---
title: "IPS9 in R: Looking at Data -- Distributions (Chapter 1)"
author: "Bonnie Lin and Nicholas Horton (nhorton@amherst.edu)"
date: "July 18, 2018"
output:
pdf_document:
fig_height: 3
fig_width: 5
html_document:
fig_height: 3
fig_width: 5
word_document:
fig_height: 4
fig_width: 6
---
```{r, include = FALSE}
# Don't delete this chunk if you are using the mosaic package
# This loads the mosaic and dplyr packages
require(mosaic)
```
```{r, include = FALSE}
# knitr settings to control how R chunks work.
knitr::opts_chunk$set(
tidy = FALSE, # display code as typed
size = "small" # slightly smaller font for code
)
```
## Introduction and background
These documents are intended to help describe how to undertake analyses introduced
as examples in the Ninth Edition of \emph{Introduction to the Practice of Statistics} (2017) by Moore, McCabe, and Craig.
More information about the book can be found [here](https://macmillanlearning.com/Catalog/product/introductiontothepracticeofstatistics-ninthedition-moore).
The data used in these documents can be found under Data Sets in the [Student Site](https://www.macmillanlearning.com/catalog/studentresources/ips9e?_ga=2.29224888.526668012.1531487989-1209447309.1529940008#). This
file as well as the associated R Markdown reproducible analysis source file used to create it can be found at https://nhorton.people.amherst.edu/ips9/.
This work leverages initiatives undertaken by Project MOSAIC (http://www.mosaic-web.org), an NSF-funded effort to improve the teaching of statistics, calculus, science and computing in the undergraduate curriculum. In particular, we utilize the `mosaic` package, which was written to simplify the use of R for introductory statistics courses. A short summary of the R needed to teach introductory statistics can be found in the mosaic package vignettes (http://cran.r-project.org/web/packages/mosaic).
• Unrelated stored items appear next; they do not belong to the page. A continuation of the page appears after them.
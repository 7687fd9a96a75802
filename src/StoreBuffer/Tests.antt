-- ===== src/StoreBuffer/Tests.antt =====
-- The theorems on the store buffer at a concrete one: three stores in four slots, from the fourth
-- slot on around the end.
use rvsim.Base.{◌≡◌, refl, true, false, [], ◌∷◌, arith}
use rvsim.Signals.{MemWidth}
use rvsim.RobTag.{is_older_or_eq}
use rvsim.StoreBuffer.{
  StoreBuffer, StoreBufferEntry, ready, committed, miss, stores, default_store, pending_store,
  drain_one, forward_load, has_older_store_to, has_unresolved_store_before, flush_after, cancel,
}
use rvsim.StoreBuffer.Inv.{IsSound}
use rvsim.StoreBuffer.Ends.{Drains, drain_one-depart}
use rvsim.StoreBuffer.Compact.{Filters, flush_after-filter}
use rvsim.StoreBuffer.Cancel.{Withdraws, cancel-withdraw}
use rvsim.StoreBuffer.Forward.{Forwards, forward_load-Forwards}
use rvsim.StoreBuffer.Conflict.{has_older_store_to-forward_load}

abbrev first_store : StoreBufferEntry
first_store = record {
  rob_tag = 1;
  vaddr = 4096;
  width = MemWidth.double;
  resolution = committed 2048 72623859790382856;
  valid = true;
}

abbrev second_store : StoreBufferEntry
second_store = record {
  rob_tag = 3;
  vaddr = 4100;
  width = MemWidth.half;
  resolution = ready 2052 258;
  valid = true;
}

abbrev three_stores : StoreBuffer
three_stores = record {
  entries = second_store ∷ pending_store 6 MemWidth.byte ∷ default_store ∷ first_store ∷ [];
  head = 3;
  tail = 2;
  count = 3;
}

three_stores-IsSound : IsSound three_stores
three_stores-IsSound = record {
  head_lt = omega arith;
  count_le = omega arith;
  tail_eq = refl;
  occupied = (refl, (refl, (refl, tt)));
}

drain_one-depart_example : Drains three_stores (drain_one three_stores)
drain_one-depart_example = drain_one-depart three_stores three_stores-IsSound

flush_after-filter_example :
    Filters (λ e. is_older_or_eq e.rob_tag 4) three_stores (flush_after three_stores 4)
flush_after-filter_example = flush_after-filter three_stores 4 three_stores-IsSound

cancel-withdraw_example : Withdraws 3 three_stores (cancel three_stores 3)
cancel-withdraw_example = cancel-withdraw three_stores 3 three_stores-IsSound

forward_load-Forwards_example :
    Forwards 5 2053 MemWidth.byte
      (λ a. 0)
      (stores three_stores)
      (forward_load three_stores 2053 MemWidth.byte 5)
forward_load-Forwards_example =
    forward_load-Forwards three_stores 2053 MemWidth.byte 5 (λ a. 0) three_stores-IsSound
      (omega arith) (omega arith, (omega arith, (tt, tt)))

has_older_store_to-forward_load_example :
    (has_older_store_to three_stores 3000 MemWidth.word 5 ≡ false
      → forward_load three_stores 3000 MemWidth.word 5 ≡ miss)
    × (has_unresolved_store_before three_stores 5 ≡ false
        → forward_load three_stores 3000 MemWidth.word 5 ≡ miss
        → has_older_store_to three_stores 3000 MemWidth.word 5 ≡ false)
has_older_store_to-forward_load_example =
    has_older_store_to-forward_load three_stores 3000 MemWidth.word 5 three_stores-IsSound
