-- ===== src/Tlb.antt =====
-- crates/hardware/src/core/units/mmu/tlb.rs: the first-level translation buffers, which are
-- direct-mapped. Page numbers, address-space identifiers and page-table entries are numbers. An
-- index past the end is undefined in the source; here such a read is `default_entry`, and `IsTlb`
-- of Tlb/Answers.antt keeps every index in range.
pub mod Answers
pub mod Shared
mod Tests
use rvsim.Base.{
  ℕ, zero, suc, ◌+◌, ◌-◌, ◌*◌, ◌/◌, ◌%◌, ◌^◌, Bool, true, false, not, ◌&&◌, ◌||◌, List, Option,
  none, some, map, bit_and, length, get_or, set, replicate, leb, ltb, if◌then◌else◌, ◌==◌,
}

pub record TlbHit : Type 0 where
  pub ppn : ℕ
  pub r : Bool
  pub w : Bool
  pub x : Bool
  pub u : Bool
  pub d : Bool

pub record TlbEntry : Type 0 where
  pub vpn : ℕ
  pub ppn : ℕ
  pub valid : Bool
  pub r : Bool
  pub w : Bool
  pub x : Bool
  pub u : Bool
  pub d : Bool
  pub asid : ℕ
  pub global : Bool

abbrev pub default_entry : TlbEntry
default_entry = record {
  vpn = 0;
  ppn = 0;
  valid = false;
  r = false;
  w = false;
  x = false;
  u = false;
  d = false;
  asid = 0;
  global = false;
}

pub record Tlb : Type 0 where
  pub entries : List TlbEntry
  pub mask : ℕ

-- `is_power_of_two` and `next_power_of_two`; the second doubles 1, at most `n` times.
abbrev pub is_power_of_two : ℕ → Bool
is_power_of_two n = ltb 0 n && (bit_and n (n - 1) == 0)

unfoldable pub double_until : ℕ → ℕ → ℕ → ℕ
double_until zero p n = p
double_until (suc fuel) p n = let rest = double_until fuel (2 * p) n in if leb n p then p else rest

abbrev pub next_power_of_two : ℕ → ℕ
next_power_of_two n = double_until n 1 n

abbrev pub safe_size : ℕ → ℕ
safe_size size = if is_power_of_two size then size else next_power_of_two size

unfoldable pub new : ℕ → Tlb
unfolding double_until
new size = record { entries = replicate (safe_size size) default_entry; mask = safe_size size - 1 }

abbrev pub index : Tlb → ℕ → ℕ
index t vpn = bit_and vpn t.mask

abbrev pub entry_at : Tlb → ℕ → TlbEntry
entry_at t i = get_or t.entries i default_entry

-- `entry.valid && entry.vpn == vpn && (entry.global || entry.asid == asid)`
abbrev pub answers : ℕ → ℕ → TlbEntry → Bool
answers vpn asid e = e.valid && (e.vpn == vpn) && (e.global || (e.asid == asid))

abbrev pub hit_of : TlbEntry → TlbHit
hit_of e = record { ppn = e.ppn; r = e.r; w = e.w; x = e.x; u = e.u; d = e.d }

unfoldable pub lookup : Tlb → ℕ → ℕ → Option TlbHit
lookup t vpn asid =
    let e = entry_at t (index t vpn) in if answers vpn asid e then some (hit_of e) else none

-- `(pte >> k) & 1 != 0`
abbrev pub pte_bit : ℕ → ℕ → Bool
pte_bit pte k = not (bit_and (pte / 2 ^ k) 1 == 0)

abbrev pub from_pte : ℕ → ℕ → ℕ → ℕ → TlbEntry
from_pte vpn ppn pte asid = record {
  vpn = vpn;
  ppn = ppn;
  valid = true;
  r = pte_bit pte 1;
  w = pte_bit pte 2;
  x = pte_bit pte 3;
  u = pte_bit pte 4;
  d = pte_bit pte 7;
  asid = asid;
  global = pte_bit pte 5;
}

unfoldable pub insert : Tlb → ℕ → ℕ → ℕ → ℕ → Tlb
insert t vpn ppn pte asid = record t {
  entries = set t.entries (index t vpn) (from_pte vpn ppn pte asid);
}

abbrev pub invalidated : TlbEntry → TlbEntry
invalidated e = record e { valid = false }

abbrev pub invalidate_at : Tlb → ℕ → Tlb
invalidate_at t i = record t { entries = set t.entries i (invalidated (entry_at t i)) }

abbrev pub has_vpn : ℕ → TlbEntry → Bool
has_vpn vpn e = e.valid && (e.vpn == vpn)

unfoldable pub invalidate : Tlb → ℕ → Tlb
invalidate t vpn =
    if has_vpn vpn (entry_at t (index t vpn)) then invalidate_at t (index t vpn) else t

unfoldable pub flush : Tlb → Tlb
flush t = record t { entries = map invalidated t.entries }

unfoldable pub flush_vaddr : Tlb → ℕ → Tlb
flush_vaddr t vpn =
    if has_vpn vpn (entry_at t (index t vpn)) then invalidate_at t (index t vpn) else t

-- `!e.global && e.asid == asid`
abbrev pub belongs_to : ℕ → TlbEntry → Bool
belongs_to asid e = not e.global && (e.asid == asid)

abbrev pub flush_entry : ℕ → TlbEntry → TlbEntry
flush_entry asid e = if e.valid && belongs_to asid e then invalidated e else e

unfoldable pub flush_asid : Tlb → ℕ → Tlb
flush_asid t asid = record t { entries = map (flush_entry asid) t.entries }

unfoldable pub flush_vaddr_asid : Tlb → ℕ → ℕ → Tlb
flush_vaddr_asid t vpn asid =
    let e = entry_at t (index t vpn) in
    if has_vpn vpn e && belongs_to asid e then invalidate_at t (index t vpn) else t
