-- ===== src/Tlb/Answers.antt =====
-- What a first-level translation buffer answers after an insertion and after each kind of flush.
use rvsim.Base.{
  false, ℕ, zero, suc, ◌<◌, ◌≡◌, refl, sym, Bool, ◌&&◌, ◌||◌, List, [], ◌∷◌, Option, none, some,
  map, arith, length, get_or, get_or-set, if◌then◌else◌, ◌==◌,
}
use rvsim.Base.Bits.{bit_and-le}
use rvsim.Tlb.{
  Tlb, TlbEntry, TlbHit, default_entry, index, entry_at, answers, hit_of, lookup, pte_bit, from_pte,
  insert, invalidated, invalidate, flush, flush_vaddr, flush_entry, flush_asid, flush_vaddr_asid,
}

-- Every index is in range.
abbrev pub IsTlb : Tlb → Type 0
IsTlb t = t.mask < length t.entries

index-lt : (t : Tlb) (vpn : ℕ) → IsTlb t → index t vpn < length t.entries
index-lt t vpn h = omega (arith, bit_and-le t.mask vpn t.mask (omega arith))

-- The entry that a lookup finds.
abbrev pub found : Tlb → ℕ → ℕ → Option TlbEntry
found t vpn asid = let e = entry_at t (index t vpn) in if answers vpn asid e then some e else none

abbrev pub hit : Option TlbEntry → Option TlbHit
hit none = none
hit (some e) = some (hit_of e)

lookup-found : (t : Tlb) (vpn asid : ℕ) → lookup t vpn asid ≡ hit (found t vpn asid)
unfolding lookup
lookup-found t vpn asid = ground arith

-- What is found, unless the test holds of it.
abbrev pub unless : (TlbEntry → Bool) → Option TlbEntry → Option TlbEntry
unless p none = none
unless p (some e) = if p e then none else some e

-- After an insertion a lookup with the index of the page gives the new translation for that page, if
-- it is global or the address space is the one inserted for, and else nothing; every other lookup
-- gives what it gave before.
pub lookup-insert :
    (t : Tlb) (vpn ppn pte asid vpn' asid' : ℕ)
    → IsTlb t
    → lookup (insert t vpn ppn pte asid) vpn' asid' ≡ (
        if index t vpn == index t vpn'
        then (if (vpn == vpn') && (pte_bit pte 5 || (asid == asid'))
            then some (hit_of (from_pte vpn ppn pte asid))
            else none)
        else lookup t vpn' asid')
unfolding lookup insert
lookup-insert t vpn ppn pte asid vpn' asid' h = ground (
  arith,
  get_or-set t.entries (index t vpn) (index t vpn') (from_pte vpn ppn pte asid) default_entry
      (index-lt t vpn h),
)

get_or-map :
    (f : TlbEntry → TlbEntry) (xs : List TlbEntry) (i : ℕ)
    → f default_entry ≡ default_entry
    → get_or (map f xs) i default_entry ≡ f (get_or xs i default_entry)
get_or-map f [] i h = sym h
get_or-map f (x ∷ xs) zero h = refl
get_or-map f (x ∷ xs) (suc i) h = get_or-map f xs i h

-- The entry is of the address space alone.
abbrev pub is_private : ℕ → TlbEntry → Bool
is_private asid e = if e.global then false else e.asid == asid

-- A lookup gives the permissions of the entry that it finds. What is found after the five operations that remove translations: `flush` removes all of them,
-- `invalidate` and `flush_vaddr` those of the page, `flush_asid` those of the address space, and
-- `flush_vaddr_asid` those of the page in the address space; the last two keep global ones. All
-- other lookups find what they found before.
pub found-flush :
    (t : Tlb) (v a vpn asid : ℕ)
    → IsTlb t
    → ((t' : Tlb) → lookup t' vpn asid ≡ hit (found t' vpn asid))
      × (found (flush t) vpn asid ≡ none)
      × (found (invalidate t v) vpn asid ≡ (if v == vpn then none else found t vpn asid))
      × (found (flush_vaddr t v) vpn asid ≡ (if v == vpn then none else found t vpn asid))
      × (found (flush_asid t a) vpn asid ≡ unless (is_private a) (found t vpn asid))
      × (found (flush_vaddr_asid t v a) vpn asid
          ≡ (if v == vpn then unless (is_private a) (found t vpn asid) else found t vpn asid))
unfolding flush invalidate flush_vaddr flush_asid flush_vaddr_asid
found-flush t v a vpn asid h =
    let i = index t v in
    let j = index t vpn in
    let removed =
      get_or-set t.entries i j (invalidated (entry_at t i)) default_entry (index-lt t v h) in
    (
      (λ t'. lookup-found t' vpn asid),
      ground (arith, get_or-map invalidated t.entries j refl),
      ground (arith, removed),
      ground (arith, removed),
      ground (arith, get_or-map (flush_entry a) t.entries j refl),
      ground (arith, removed),
    )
A paper describing the mosaic approach was published in the *R Journal*: https://journal.r-project.org/archive/2017/RJ-2017-024.
## Chapter 1: Looking at data -- distributions
This file replicates the analyses from Chapter 1: Looking at Data (Distributions).
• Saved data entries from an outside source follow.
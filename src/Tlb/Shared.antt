-- ===== src/Tlb/Shared.antt =====
-- crates/hardware/src/core/units/mmu/tlb.rs: the second-level translation buffer, which is
-- set-associative and shared.
pub mod RoundTrip
pub mod Ages
use rvsim.Base.{
  ℕ, zero, suc, ◌+◌, ◌-◌, ◌*◌, ◌/◌, Bool, true, false, not, ◌&&◌, List, Option, none, some, map,
  bit_and, bit_or, max, get_or, set, replicate, ltb, if◌then◌else◌, ◌==◌,
}
use rvsim.Ways.{find_way}
use rvsim.Tlb.{
  TlbEntry, default_entry, is_power_of_two, next_power_of_two, answers, has_vpn, from_pte,
  invalidated, belongs_to, flush_entry,
}

pub record L2Tlb : Type 0 where
  pub entries : List TlbEntry
  pub ways : ℕ
  pub set_mask : ℕ
  pub lru : List ℕ
  pub latency : ℕ

abbrev pub safe_ways : ℕ → ℕ
safe_ways ways = if ways == 0 then 4 else ways

abbrev pub set_count : ℕ → ℕ
set_count raw = max (if is_power_of_two raw then raw else next_power_of_two raw) 1

unfoldable pub new : ℕ → ℕ → ℕ → L2Tlb
new total_entries ways latency =
    let num_sets = set_count (total_entries / safe_ways ways) in
    record {
      entries = replicate (num_sets * safe_ways ways) default_entry;
      ways = safe_ways ways;
      set_mask = num_sets - 1;
      lru = replicate (num_sets * safe_ways ways) 0;
      latency = latency;
    }

abbrev pub set_of : L2Tlb → ℕ → ℕ
set_of t vpn = bit_and vpn t.set_mask

abbrev pub base_of : L2Tlb → ℕ → ℕ
base_of t set = set * t.ways

-- `if bit { pte |= 1 << k }`
abbrev pub or_bit : Bool → ℕ → ℕ → ℕ
or_bit b value pte = if b then bit_or pte value else pte

abbrev pub reconstruct_pte : TlbEntry → ℕ
reconstruct_pte e =
    or_bit e.d 128
      (or_bit e.global 32 (or_bit e.u 16 (or_bit e.x 8 (or_bit e.w 4 (or_bit e.r 2 1)))))

-- One way in the loop of `touch_lru`.
abbrev pub grow_older : ℕ → ℕ → List ℕ → List ℕ
grow_older old_age i ages =
    if ltb (get_or ages i 0) old_age then set ages i (get_or ages i 0 + 1) else ages

unfoldable pub touch_loop : ℕ → ℕ → ℕ → ℕ → List ℕ → List ℕ
touch_loop old_age base zero w ages = ages
touch_loop old_age base (suc n) w ages =
    touch_loop old_age base n (w + 1) (grow_older old_age (base + w) ages)

unfoldable pub touch_lru : L2Tlb → ℕ → ℕ → L2Tlb
unfolding touch_loop
touch_lru t s way =
    let base = base_of t s in
    record t {
      lru = set (touch_loop (get_or t.lru (base + way) 0) base t.ways 0 t.lru) (base + way) 0;
    }

-- The loop of `lru_victim`, with `max_age` and `victim`.
unfoldable pub victim_loop : List ℕ → ℕ → ℕ → ℕ → ℕ × ℕ → ℕ × ℕ
victim_loop ages base zero w best = best
victim_loop ages base (suc n) w best =
    victim_loop ages base n (w + 1)
      (if ltb best.0 (get_or ages (base + w) 0) then (get_or ages (base + w) 0, w) else best)

unfoldable pub lru_victim : L2Tlb → ℕ → ℕ
unfolding victim_loop
lru_victim t s = (victim_loop t.lru (base_of t s) t.ways 0 (0, 0)).1

abbrev pub find_in_set : L2Tlb → (TlbEntry → Bool) → ℕ → Option ℕ
find_in_set t test s = find_way default_entry test t.entries (base_of t s) t.ways 0

abbrev pub way_at : L2Tlb → ℕ → ℕ → TlbEntry
way_at t s w = get_or t.entries (base_of t s + w) default_entry

-- The page number, the bits of the page-table entry and the address space, for the entry of a way.
abbrev pub hit_of : TlbEntry → ℕ × ℕ × ℕ
hit_of e = (e.ppn, reconstruct_pte e, e.asid)

abbrev pub looked_up : L2Tlb → ℕ → Option ℕ → Option (ℕ × ℕ × ℕ) × L2Tlb
looked_up t s none = (none, t)
looked_up t s (some w) = (some (hit_of (way_at t s w)), touch_lru t s w)

unfoldable pub lookup : L2Tlb → ℕ → ℕ → Option (ℕ × ℕ × ℕ) × L2Tlb
unfolding find_way touch_lru
lookup t vpn asid = looked_up t (set_of t vpn) (find_in_set t (answers vpn asid) (set_of t vpn))

abbrev pub is_invalid : TlbEntry → Bool
is_invalid e = not e.valid

-- `write_entry` and `touch_lru`
abbrev pub fill_way : L2Tlb → ℕ → ℕ → TlbEntry → L2Tlb
fill_way t s w e = touch_lru (record t { entries = set t.entries (base_of t s + w) e }) s w

-- The way that an insertion takes: of the page's entry, else the first invalid one, else the victim.
abbrev pub or_else : Option ℕ → ℕ → ℕ
or_else none v = v
or_else (some w) v = w

unfoldable pub chosen_way : L2Tlb → ℕ → ℕ → ℕ
unfolding find_way lru_victim
chosen_way t vpn asid =
    let s = set_of t vpn in
    or_else (find_in_set t (answers vpn asid) s)
      (or_else (find_in_set t is_invalid s) (lru_victim t s))

unfoldable pub insert : L2Tlb → ℕ → ℕ → ℕ → ℕ → L2Tlb
unfolding chosen_way touch_lru
insert t vpn ppn pte asid =
    fill_way t (set_of t vpn) (chosen_way t vpn asid) (from_pte vpn ppn pte asid)

unfoldable pub flush : L2Tlb → L2Tlb
flush t = record t { entries = map invalidated t.entries }

-- One way in the loops of `flush_vaddr` and `flush_vaddr_asid`.
abbrev pub drop_at : (TlbEntry → Bool) → ℕ → List TlbEntry → List TlbEntry
drop_at test i xs =
    if test (get_or xs i default_entry)
    then set xs i (invalidated (get_or xs i default_entry))
    else xs

unfoldable pub drop_loop : (TlbEntry → Bool) → ℕ → ℕ → ℕ → List TlbEntry → List TlbEntry
drop_loop test base zero w xs = xs
drop_loop test base (suc n) w xs = drop_loop test base n (w + 1) (drop_at test (base + w) xs)

unfoldable pub flush_vaddr : L2Tlb → ℕ → L2Tlb
unfolding drop_loop
flush_vaddr t vpn = record t {
  entries = drop_loop (has_vpn vpn) (base_of t (set_of t vpn)) t.ways 0 t.entries;
}

unfoldable pub flush_asid : L2Tlb → ℕ → L2Tlb
flush_asid t asid = record t { entries = map (flush_entry asid) t.entries }

unfoldable pub flush_vaddr_asid : L2Tlb → ℕ → ℕ → L2Tlb
unfolding drop_loop
flush_vaddr_asid t vpn asid = record t {
  entries =
      drop_loop (λ e. has_vpn vpn e && belongs_to asid e) (base_of t (set_of t vpn)) t.ways 0
        t.entries;
}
First, load the packages that will be needed for this document:
```{r load-packages}
library(mosaic)
library(readr)
```
### Section 1.1: Data
### Section 1.2: Displaying distributions with graphs
The table on page 9 displays the counts of preferences for online resources
of 552 first-year college students. We begin by reading the data:
```{r eg1-7}
Online <-
read_csv("https://nhorton.people.amherst.edu/ips9/data/chapter01/EG01-07ONLINE.csv")
Online
Online_data <- data.frame(Source = c(rep("Google", 406), rep("Library", 75),
rep("Wikipedia", 52), rep("Other", 19)))
tally(~ Online_data, margins = TRUE)
```
By default, the `read_csv()` function will output the types of columns, as we see above.
To improve readability for future coding, we will suppress the "Parsed with column
specification" message by adding `message = FALSE` at the top of the code chunks.
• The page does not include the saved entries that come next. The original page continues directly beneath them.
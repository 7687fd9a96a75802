-- ===== src/Tlb/Shared/Ages.antt =====
-- The ages of the ways, which decide the victim of an insertion.
use rvsim.Base.{
  ℕ, zero, suc, ◌+◌, ◌*◌, ◌/◌, ◌<◌, ◌≡◌, ◌⊎◌, inl, inr, Bool, true, refl, ap, ◌∙◌, List, [], ◌∷◌,
  Option, none, some, arith, get_or, get_or-replicate, set,
}
use rvsim.Tlb.{TlbEntry, default_entry, answers, from_pte}
use rvsim.Ways.Search.{Fails, Finds, searched-Finds}
use rvsim.Tlb.Shared.{
  L2Tlb, new, safe_ways, set_count, set_of, base_of, find_in_set, touch_loop, touch_lru,
  victim_loop, lru_victim, looked_up, lookup, way_at, is_invalid, or_else, chosen_way, insert,
  flush, flush_vaddr, flush_asid, flush_vaddr_asid,
}

abbrev pub AgesZero : List ℕ → Type 0
AgesZero ages = (i : ℕ) → get_or ages i 0 ≡ 0

get_or-set_zero : (xs : List ℕ) (i : ℕ) → AgesZero xs → AgesZero (set xs i 0)
get_or-set_zero [] i h j = refl
get_or-set_zero (x ∷ xs) zero h zero = refl
get_or-set_zero (x ∷ xs) zero h (suc j) = h (suc j)
get_or-set_zero (x ∷ xs) (suc i) h zero = h zero
get_or-set_zero (x ∷ xs) (suc i) h (suc j) = get_or-set_zero xs i (λ k. h (suc k)) j

-- No age is below 0.
touch_loop_zero : (n base w : ℕ) (ages : List ℕ) → touch_loop 0 base n w ages ≡ ages
unfolding touch_loop
touch_loop_zero zero base w ages = refl
touch_loop_zero (suc n) base w ages =
    ap (touch_loop 0 base n (w + 1)) (ground arith) ∙ touch_loop_zero n base (w + 1) ages

touch_lru-AgesZero : (t : L2Tlb) (s way : ℕ) → AgesZero t.lru → AgesZero (touch_lru t s way).lru
unfolding touch_lru
touch_lru-AgesZero t s way h =
    let base = base_of t s in
    let same : touch_loop (get_or t.lru (base + way) 0) base t.ways 0 t.lru ≡ t.lru =
      ap (λ a. touch_loop a base t.ways 0 t.lru) (h (base + way))
      ∙ touch_loop_zero t.ways base 0 t.lru in
    λ i. ap (λ l. get_or (set l (base + way) 0) i 0) same ∙ get_or-set_zero t.lru (base + way) h i

looked_up-AgesZero :
    (t : L2Tlb) (s : ℕ) (o : Option ℕ) → AgesZero t.lru → AgesZero (looked_up t s o).1.lru
looked_up-AgesZero t s none h = h
looked_up-AgesZero t s (some w) h = touch_lru-AgesZero t s w h

victim_loop_zero :
    (ages : List ℕ) (base n w : ℕ) → AgesZero ages → victim_loop ages base n w (0, 0) ≡ (0, 0)
unfolding victim_loop
victim_loop_zero ages base zero w h = refl
victim_loop_zero ages base (suc n) w h =
    ap (victim_loop ages base n (w + 1)) (rw (h (base + w)) refl)
    ∙ victim_loop_zero ages base n (w + 1) h

-- The operations that change the buffer.
pub data Op : Type 0 where
  looking_up : (vpn asid : ℕ) → Op
  inserting : (vpn ppn pte asid : ℕ) → Op
  flushing : Op
  flushing_vaddr : (vpn : ℕ) → Op
  flushing_asid : (asid : ℕ) → Op
  flushing_vaddr_asid : (vpn asid : ℕ) → Op

abbrev pub perform : L2Tlb → Op → L2Tlb
perform t (looking_up vpn asid) = (lookup t vpn asid).1
perform t (inserting vpn ppn pte asid) = insert t vpn ppn pte asid
perform t flushing = flush t
perform t (flushing_vaddr vpn) = flush_vaddr t vpn
perform t (flushing_asid asid) = flush_asid t asid
perform t (flushing_vaddr_asid vpn asid) = flush_vaddr_asid t vpn asid

abbrev pub perform_all : L2Tlb → List Op → L2Tlb
perform_all t [] = t
perform_all t (op ∷ ops) = perform_all (perform t op) ops

perform-AgesZero : (t : L2Tlb) (op : Op) → AgesZero t.lru → AgesZero (perform t op).lru
unfolding lookup insert flush flush_vaddr flush_asid flush_vaddr_asid
perform-AgesZero t (looking_up vpn asid) h =
    looked_up-AgesZero t (set_of t vpn) (find_in_set t (answers vpn asid) (set_of t vpn)) h
perform-AgesZero t (inserting vpn ppn pte asid) h =
    let s = set_of t vpn in
    let w = chosen_way t vpn asid in
    let e = from_pte vpn ppn pte asid in
    touch_lru-AgesZero (record t { entries = set t.entries (base_of t s + w) e }) s w h
perform-AgesZero t flushing h = h
perform-AgesZero t (flushing_vaddr vpn) h = h
perform-AgesZero t (flushing_asid asid) h = h
perform-AgesZero t (flushing_vaddr_asid vpn asid) h = h

perform_all-AgesZero :
    (t : L2Tlb) (ops : List Op) → AgesZero t.lru → AgesZero (perform_all t ops).lru
perform_all-AgesZero t [] h = h
perform_all-AgesZero t (op ∷ ops) h =
    perform_all-AgesZero (perform t op) ops (perform-AgesZero t op h)

-- The way `w` is the first of the set whose entry passes the test.
abbrev pub FirstWay : L2Tlb → (s : ℕ) → (TlbEntry → Bool) → ℕ → Type 0
FirstWay t s test w =
    (w < t.ways)
    × (test (way_at t s w) ≡ true)
    × Fails default_entry test (base_of t s) t.entries 0 w

-- No way of the set has an entry that passes the test.
abbrev pub NoWay : L2Tlb → (s : ℕ) → (TlbEntry → Bool) → Type 0
NoWay t s test = Fails default_entry test (base_of t s) t.entries 0 t.ways

-- The first way that has the page, else the first invalid way of the set, else way 0.
abbrev pub Chooses : L2Tlb → (vpn asid w : ℕ) → Type 0
Chooses t vpn asid w =
    let s = set_of t vpn in
    FirstWay t s (answers vpn asid) w
    ⊎ (NoWay t s (answers vpn asid) × FirstWay t s is_invalid w)
    ⊎ (NoWay t s (answers vpn asid) × NoWay t s is_invalid × (w ≡ 0))

found-Chooses :
    (t : L2Tlb) (vpn asid : ℕ) (own free : Option ℕ)
    → Finds default_entry (answers vpn asid) (base_of t (set_of t vpn)) t.entries 0 t.ways own
    → Finds default_entry is_invalid (base_of t (set_of t vpn)) t.entries 0 t.ways free
    → Chooses t vpn asid (or_else own (or_else free 0))
found-Chooses t vpn asid (some w) free f g = inl f
found-Chooses t vpn asid none (some w) f g = inr (inl (f, g))
found-Chooses t vpn asid none none f g = inr (inr (f, g, refl))

-- In a buffer that a sequence of operations leaves from a new one every age is 0. So the way that an
-- insertion chooses is the first that has the page, else the first invalid one of the set, and in a
-- full set without the page always way 0; and the insertion writes the new entry at that way of the
-- set and no other entry.
pub chosen_way-perform_all :
    (total_entries ways latency vpn asid ppn pte : ℕ) (ops : List Op)
    → let t = perform_all (new total_entries ways latency) ops in
      AgesZero t.lru
      × ((w : ℕ) × Chooses t vpn asid w
          × (chosen_way t vpn asid ≡ w)
          × ((insert t vpn ppn pte asid).entries
              ≡ set t.entries (base_of t (set_of t vpn) + w) (from_pte vpn ppn pte asid)))
unfolding new chosen_way lru_victim insert touch_lru
chosen_way-perform_all total_entries ways latency vpn asid ppn pte ops =
    let t = perform_all (new total_entries ways latency) ops in
    let s = set_of t vpn in
    let own = find_in_set t (answers vpn asid) s in
    let free = find_in_set t is_invalid s in
    let zeros =
      perform_all-AgesZero (new total_entries ways latency) ops
        (λ i. get_or-replicate (set_count (total_entries / safe_ways ways) * safe_ways ways) i 0) in
    let way : chosen_way t vpn asid ≡ or_else own (or_else free 0) =
      ap (λ best. or_else own (or_else free best.1))
        (victim_loop_zero t.lru (base_of t s) t.ways 0 zeros) in
    (
      zeros,
      (
        or_else own (or_else free 0),
        found-Chooses t vpn asid own free
            (searched-Finds default_entry (answers vpn asid) (base_of t s) t.entries t.ways)
            (searched-Finds default_entry is_invalid (base_of t s) t.entries t.ways),
        way,
        ap (λ w. set t.entries (base_of t s + w) (from_pte vpn ppn pte asid)) way,
      ),
    )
Since the `Online` data already have the counts for the sources, we could not demonstrate the
`tally()` function with them. Thus, we created a dataset called `Online_data` by repeating the
sources with the `rep()` function. We specified the number of repetitions to match the counts in
`Online`. The `tally()` then counts up the number of observations for each source, while the
`margins` argument, set to TRUE, includes the total number of observations for all sources.
The table on page 10 shows the preference percents. We can also represent the data in percentages,
by typing the following:
```{r eg1-8, message = FALSE}
options(digits = 2)
tally(~ Online_data, format = "percent", margins = TRUE)
```
We added the `format` argument to the `tally()` function to show the data in percentages, and, with the
`options()` function, we controlled the number of digits after the decimal.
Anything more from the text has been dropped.